The Emergency "Vacation" Will

Category: Estate Planning

Having just gotten back from vacation (in case you were wondering where the blog went) I have been thinking about the not infrequent phone calls I get that go something like this “Help, I need a Will. I have 2 children and my wife and I are going on vacation in 5 days and we don’t have Wills!!!!”

Well, the first reaction (to be thought and not necessarily said to the prospective client) is – if you have children, why don’t you have a Will? A Will is the only place where you can name Guardians for minor children. In a Will you can create trusts to hold and manage assets passing to your children – minor or otherwise (Remember what you were like at 18/21? Would you give large sums of cash to your younger self?).

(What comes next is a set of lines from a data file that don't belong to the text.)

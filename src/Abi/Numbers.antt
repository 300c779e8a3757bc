-- ===== src/Abi/Numbers.antt =====
-- The numbers that syscall_handler_main of src/idt.c has a service for.
use my_kernel.Base.{
  ℕ, ◌==◌, ◌<◌, ◌≡◌, ◌≢◌, ◌⊎◌, inl, inr, refl, ap, ◌∙◌, ltb, Bool, true, false, ◌&&◌, ◌||◌, List,
  [], ◌∷◌, arith, ne→not_==, lt→ltb, le→not_ltb,
}
use my_kernel.Gui.{Kernel, minus_one}
use my_kernel.Abi.{Call, Handler, Parts, dispatch}
use my_kernel.Abi.Router.{syscall_handler_main}

-- The numbers that have a service.
abbrev pub listed : ℕ → Bool
listed n = ltb 0 n && (ltb n 42 || n == 43)

abbrev all_listed : List (ℕ × Handler) → Bool
all_listed [] = true
all_listed ((m, handler) ∷ branches) = listed m && all_listed branches

dispatch-none :
    (n : ℕ) (branches : List (ℕ × Handler)) (otherwise : Handler)
    → listed n ≡ false
    → all_listed branches ≡ true
    → dispatch n branches otherwise ≡ otherwise
unfolding dispatch
dispatch-none n [] otherwise unknown all = refl
dispatch-none n ((m, handler) ∷ branches) otherwise unknown all =
    let both : (listed m ≡ true) × (all_listed branches ≡ true) = split (listed m) all in
    let ne : n ≢ m = λ e. absurd (let t : listed n ≡ true = ap listed e ∙ both.0 in cc) in
    rw (ne→not_== n m ne) (dispatch-none n branches otherwise unknown both.1)
  where
    split : (b : Bool) {c : Bool} → (b && c) ≡ true → (b ≡ true) × (c ≡ true)
    split true e = (refl, e)
    split false e = absurd (cc)

-- A number that is 0, 42 or above 43 has no service: the result is -1, and nothing changes.
pub syscall_handler_main-unknown :
    (parts : Parts) (c : Call) (k : Kernel)
    → (c.sys_num ≡ 0) ⊎ ((c.sys_num ≡ 42) ⊎ (43 < c.sys_num))
    → syscall_handler_main parts c k ≡ (minus_one, k)
unfolding syscall_handler_main
syscall_handler_main-unknown parts c k unknown =
    let none_listed : listed c.sys_num ≡ false = elim unknown [
      | inl e ↦ ap listed e
      | inr (inl e) ↦ ap listed e
      | inr (inr lt) ↦
          rw
            (
              lt→ltb 0 c.sys_num (omega arith),
              le→not_ltb c.sys_num 42 (omega arith),
              ne→not_== c.sys_num 43 (omega arith),
            )
            refl
    ] in
    ap (λ (handler : Handler). handler k) (dispatch-none c.sys_num _ _ none_listed refl)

Of course, a Will isn’t a fun think to think about – it’s more of a necessity, like health insurance. And even though it is far safer to fly than drive, many people only think of the fact that life’s little necessity of a Will is missing when they are taking a long trip somewhere. Hence the emergency “Help!” phone calls.

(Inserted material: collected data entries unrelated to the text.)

-- ===== src/Abi/Requests.antt =====
-- The calls of the programs: the wrappers of sdk/ardaos.h, and the services that they reach.
use my_kernel.Base.{ℕ, ◌≡◌, refl}
use my_kernel.Gui.{Kernel, real}
use my_kernel.Gui.Windows.{
  api_create_window, api_add_shape, api_clear_shapes, api_get_key, api_poll_key,
  api_set_window_text,
}
use my_kernel.Gui.Buttons.{create_button, poll_event, clear_gui}
use my_kernel.Abi.{
  Call, Handler, Parts, effect, dispatch, vfs_open, get_shared_memory, vfs_read, vfs_close,
  vfs_write, malloc, free, exec_app, get_process_list, ardaos_delete_file, ardaos_create_dir,
  ardaos_list_files, vfs_list_dir, sleep_task,
}
use my_kernel.Abi.Services.{
  api_write_file, api_print, api_clear_terminal, api_exit_app, get_cmd, get_screen, get_mouse,
  get_time, get_window_pos, set_clipboard, get_clipboard,
}
use my_kernel.Abi.Actions.{system_action}
use my_kernel.Abi.Router.{text_limit, syscall_handler_main}

-- The wrappers, with their arguments. A register that a wrapper does not set keeps what it has.
pub data Request : Type 0 where
  add_shape : ℕ → ℕ → ℕ → ℕ → ℕ → Request
  sys_get_key : Request
  sys_clear_shapes : Request
  sys_create_window : ℕ → ℕ → ℕ → Request
  sys_exit : Request
  sys_write_file : ℕ → ℕ → ℕ → Request
  sys_read_file : ℕ → ℕ → ℕ → Request
  sys_poll_key : Request
  sys_print : ℕ → Request
  sys_shm_get : Request
  sys_open : ℕ → ℕ → Request
  sys_read : ℕ → ℕ → ℕ → Request
  sys_close : ℕ → Request
  sys_write : ℕ → ℕ → ℕ → Request
  sys_malloc : ℕ → Request
  sys_free : ℕ → Request
  sys_exec : ℕ → ℕ → Request
  sys_get_cmd : ℕ → Request
  sys_get_process_list : ℕ → Request
  sys_clear_terminal : Request
  sys_kill : ℕ → Request
  sys_delete_file : ℕ → ℕ → Request
  sys_create_dir : ℕ → Request
  sys_list_files : ℕ → Request
  sys_system_action : ℕ → ℕ → Request
  sys_set_window_text : ℕ → Request
  sys_get_screen : ℕ → ℕ → ℕ → Request
  sys_get_mouse : ℕ → ℕ → ℕ → Request
  sys_get_time : ℕ → ℕ → Request
  sys_get_window_pos : ℕ → ℕ → ℕ → ℕ → ℕ → Request
  sys_set_clipboard : ℕ → Request
  sys_get_clipboard : ℕ → Request
  sys_create_button : ℕ → ℕ → ℕ → ℕ → ℕ → Request
  sys_poll_event : ℕ → Request
  sys_list_dir : ℕ → ℕ → Request
  sys_clear_gui : Request
  sys_sleep : ℕ → Request

-- The registers of a wrapper, over the registers that the program has.
abbrev with0 : ℕ → Call → Call
with0 n c = record c { sys_num = n }

abbrev with1 : ℕ → ℕ → Call → Call
with1 n a c = record c { sys_num = n; arg1 = a }

abbrev with2 : ℕ → ℕ → ℕ → Call → Call
with2 n a b c = record c { sys_num = n; arg1 = a; arg2 = b }

abbrev with3 : ℕ → ℕ → ℕ → ℕ → Call → Call
with3 n a b d c = record c { sys_num = n; arg1 = a; arg2 = b; arg3 = d }

abbrev with5 : ℕ → ℕ → ℕ → ℕ → ℕ → ℕ → Call
with5 n a b d e f = record { sys_num = n; arg1 = a; arg2 = b; arg3 = d; arg4 = e; arg5 = f }

unfoldable pub encode : Request → Call → Call
encode (add_shape x y w h color) c = with5 5 x y w h color
encode sys_get_key c = with0 6 c
encode sys_clear_shapes c = with0 7 c
encode (sys_create_window title w h) c = with3 8 title w h c
encode sys_exit c = with0 9 c
encode (sys_write_file name ext buffer) c = with3 10 name ext buffer c
encode (sys_read_file name ext buffer) c = with3 11 name ext buffer c
encode sys_poll_key c = with0 13 c
encode (sys_print text) c = with1 12 text c
encode sys_shm_get c = with0 14 c
encode (sys_open name ext) c = with2 11 name ext c
encode (sys_read fd buffer count) c = with3 15 fd buffer count c
encode (sys_close fd) c = with1 16 fd c
encode (sys_write fd buffer count) c = with3 17 fd buffer count c
encode (sys_malloc size) c = with1 19 size c
encode (sys_free ptr) c = with1 20 ptr c
encode (sys_exec name args) c = with2 21 name args c
encode (sys_get_cmd buffer) c = with1 22 buffer c
encode (sys_get_process_list buffer) c = with1 23 buffer c
encode sys_clear_terminal c = with0 24 c
encode (sys_kill pid) c = with1 25 pid c
encode (sys_delete_file name ext) c = with2 26 name ext c
encode (sys_create_dir name) c = with1 27 name c
encode (sys_list_files buffer) c = with1 28 buffer c
encode (sys_system_action action buffer) c = with2 29 action buffer c
encode (sys_set_window_text text) c = with1 30 text c
encode (sys_get_screen fb w h) c = with3 31 fb w h c
encode (sys_get_mouse x y btn) c = with3 32 x y btn c
encode (sys_get_time h m) c = with2 33 h m c
encode (sys_get_window_pos win_id x y w h) c = with5 35 win_id x y w h
encode (sys_set_clipboard text) c = with1 36 text c
encode (sys_get_clipboard buffer) c = with1 37 buffer c
encode (sys_create_button x y w h text) c = with5 38 x y w h text
encode (sys_poll_event out_id) c = with1 39 out_id c
encode (sys_list_dir path buffer) c = with2 40 path buffer c
encode sys_clear_gui c = with0 41 c
encode (sys_sleep ms) c = with1 43 ms c

-- What each wrapper is for: the service that it names, on its own arguments. A read of a file by its
-- name opens it.
abbrev pub meant : Parts → Request → Handler
meant parts (add_shape x y w h color) k = (1, api_add_shape x y w h color k)
meant parts sys_get_key k = api_get_key k
meant parts sys_clear_shapes k = (1, api_clear_shapes k)
meant parts (sys_create_window title w h) k = api_create_window title w h k
meant parts sys_exit k = (1, api_exit_app parts k)
meant parts (sys_write_file name ext buffer) k = api_write_file parts name ext buffer k
meant parts (sys_read_file name ext buffer) k = parts (vfs_open (real name k) (real ext k)) k
meant parts sys_poll_key k = api_poll_key k
meant parts (sys_print text) k = (1, api_print text_limit text k)
meant parts sys_shm_get k = parts get_shared_memory k
meant parts (sys_open name ext) k = parts (vfs_open (real name k) (real ext k)) k
meant parts (sys_read fd buffer count) k = parts (vfs_read fd (real buffer k) count) k
meant parts (sys_close fd) k = (1, effect parts (vfs_close fd) k)
meant parts (sys_write fd buffer count) k = parts (vfs_write fd (real buffer k) count) k
meant parts (sys_malloc size) k = parts (malloc size) k
meant parts (sys_free ptr) k = (0, effect parts (free ptr) k)
meant parts (sys_exec name args) k = parts (exec_app (real name k) (real args k)) k
meant parts (sys_get_cmd buffer) k = get_cmd buffer k
meant parts (sys_get_process_list buffer) k = (1, effect parts (get_process_list (real buffer k)) k)
meant parts sys_clear_terminal k = (1, api_clear_terminal k)
meant parts (sys_kill pid) k = (1, record k { task_to_kill = pid })
meant parts (sys_delete_file name ext) k = parts (ardaos_delete_file (real name k) (real ext k)) k
meant parts (sys_create_dir name) k = parts (ardaos_create_dir (real name k)) k
meant parts (sys_list_files buffer) k = (1, effect parts (ardaos_list_files (real buffer k)) k)
meant parts (sys_system_action action buffer) k = (1, system_action parts action buffer k)
meant parts (sys_set_window_text text) k = (1, api_set_window_text (real text k) k)
meant parts (sys_get_screen fb w h) k = (1, get_screen fb w h k)
meant parts (sys_get_mouse x y btn) k = (1, get_mouse x y btn k)
meant parts (sys_get_time h m) k = (1, get_time h m k)
meant parts (sys_get_window_pos win_id x y w h) k = get_window_pos win_id x y w h k
meant parts (sys_set_clipboard text) k = (1, set_clipboard text k)
meant parts (sys_get_clipboard buffer) k = (1, get_clipboard buffer k)
meant parts (sys_create_button x y w h text) k = create_button x y w h text k
meant parts (sys_poll_event out_id) k = poll_event out_id k
meant parts (sys_list_dir path buffer) k = parts (vfs_list_dir (real path k) (real buffer k)) k
meant parts sys_clear_gui k = clear_gui k
meant parts (sys_sleep ms) k = (1, effect parts (sleep_task ms) k)

-- Every wrapper of the programs reaches the service that it names, with its own arguments in their
-- order, whatever the other registers hold; only a read by the file's name arrives as an open.
pub syscall_handler_main-encode :
    (parts : Parts) (r : Request) (c : Call) (k : Kernel)
    → syscall_handler_main parts (encode r c) k ≡ meant parts r k
unfolding syscall_handler_main dispatch encode
syscall_handler_main-encode parts (add_shape x y w h color) c k = refl
syscall_handler_main-encode parts sys_get_key c k = refl
syscall_handler_main-encode parts sys_clear_shapes c k = refl
syscall_handler_main-encode parts (sys_create_window title w h) c k = refl
syscall_handler_main-encode parts sys_exit c k = refl
syscall_handler_main-encode parts (sys_write_file name ext buffer) c k = refl
syscall_handler_main-encode parts (sys_read_file name ext buffer) c k = refl
syscall_handler_main-encode parts sys_poll_key c k = refl
syscall_handler_main-encode parts (sys_print text) c k = refl
syscall_handler_main-encode parts sys_shm_get c k = refl
syscall_handler_main-encode parts (sys_open name ext) c k = refl
syscall_handler_main-encode parts (sys_read fd buffer count) c k = refl
syscall_handler_main-encode parts (sys_close fd) c k = refl
syscall_handler_main-encode parts (sys_write fd buffer count) c k = refl
syscall_handler_main-encode parts (sys_malloc size) c k = refl
syscall_handler_main-encode parts (sys_free ptr) c k = refl
syscall_handler_main-encode parts (sys_exec name args) c k = refl
syscall_handler_main-encode parts (sys_get_cmd buffer) c k = refl
syscall_handler_main-encode parts (sys_get_process_list buffer) c k = refl
syscall_handler_main-encode parts sys_clear_terminal c k = refl
syscall_handler_main-encode parts (sys_kill pid) c k = refl
syscall_handler_main-encode parts (sys_delete_file name ext) c k = refl
syscall_handler_main-encode parts (sys_create_dir name) c k = refl
syscall_handler_main-encode parts (sys_list_files buffer) c k = refl
syscall_handler_main-encode parts (sys_system_action action buffer) c k = refl
syscall_handler_main-encode parts (sys_set_window_text text) c k = refl
syscall_handler_main-encode parts (sys_get_screen fb w h) c k = refl
syscall_handler_main-encode parts (sys_get_mouse x y btn) c k = refl
syscall_handler_main-encode parts (sys_get_time h m) c k = refl
syscall_handler_main-encode parts (sys_get_window_pos win_id x y w h) c k = refl
syscall_handler_main-encode parts (sys_set_clipboard text) c k = refl
syscall_handler_main-encode parts (sys_get_clipboard buffer) c k = refl
syscall_handler_main-encode parts (sys_create_button x y w h text) c k = refl
syscall_handler_main-encode parts (sys_poll_event out_id) c k = refl
syscall_handler_main-encode parts (sys_list_dir path buffer) c k = refl
syscall_handler_main-encode parts sys_clear_gui c k = refl
syscall_handler_main-encode parts (sys_sleep ms) c k = refl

What to do if you need a Will in a hurry? Get a referral to an attorney who does a lot of estate work. A good estate planning attorney can prepare a “temporary” Will for you on rather short notice. In this Will, you can expect to name Guardians (as well as Executors and Trustees) and set up a trust to hold in assets for your children. What you will likely NOT get is any kind of tax planning to save taxes when passing dollars to your children (remember (1) in New Jersey, if you and your spouse both die in short proximity to the other, it is likely that only one exemption of $675,000 will exist; all assets above that will be subject to estate taxes, and (2) life insurance death benefits are part of your taxable estate unless you have done planning to remove them from your estate). This type of planning takes review and analysis of your assets, which likely cannot be done under your time constraints.

The moral? While it is better to have some Will then no Will, it is best to have planning done in advance, not under pressure, so a will can be created that best meets your needs.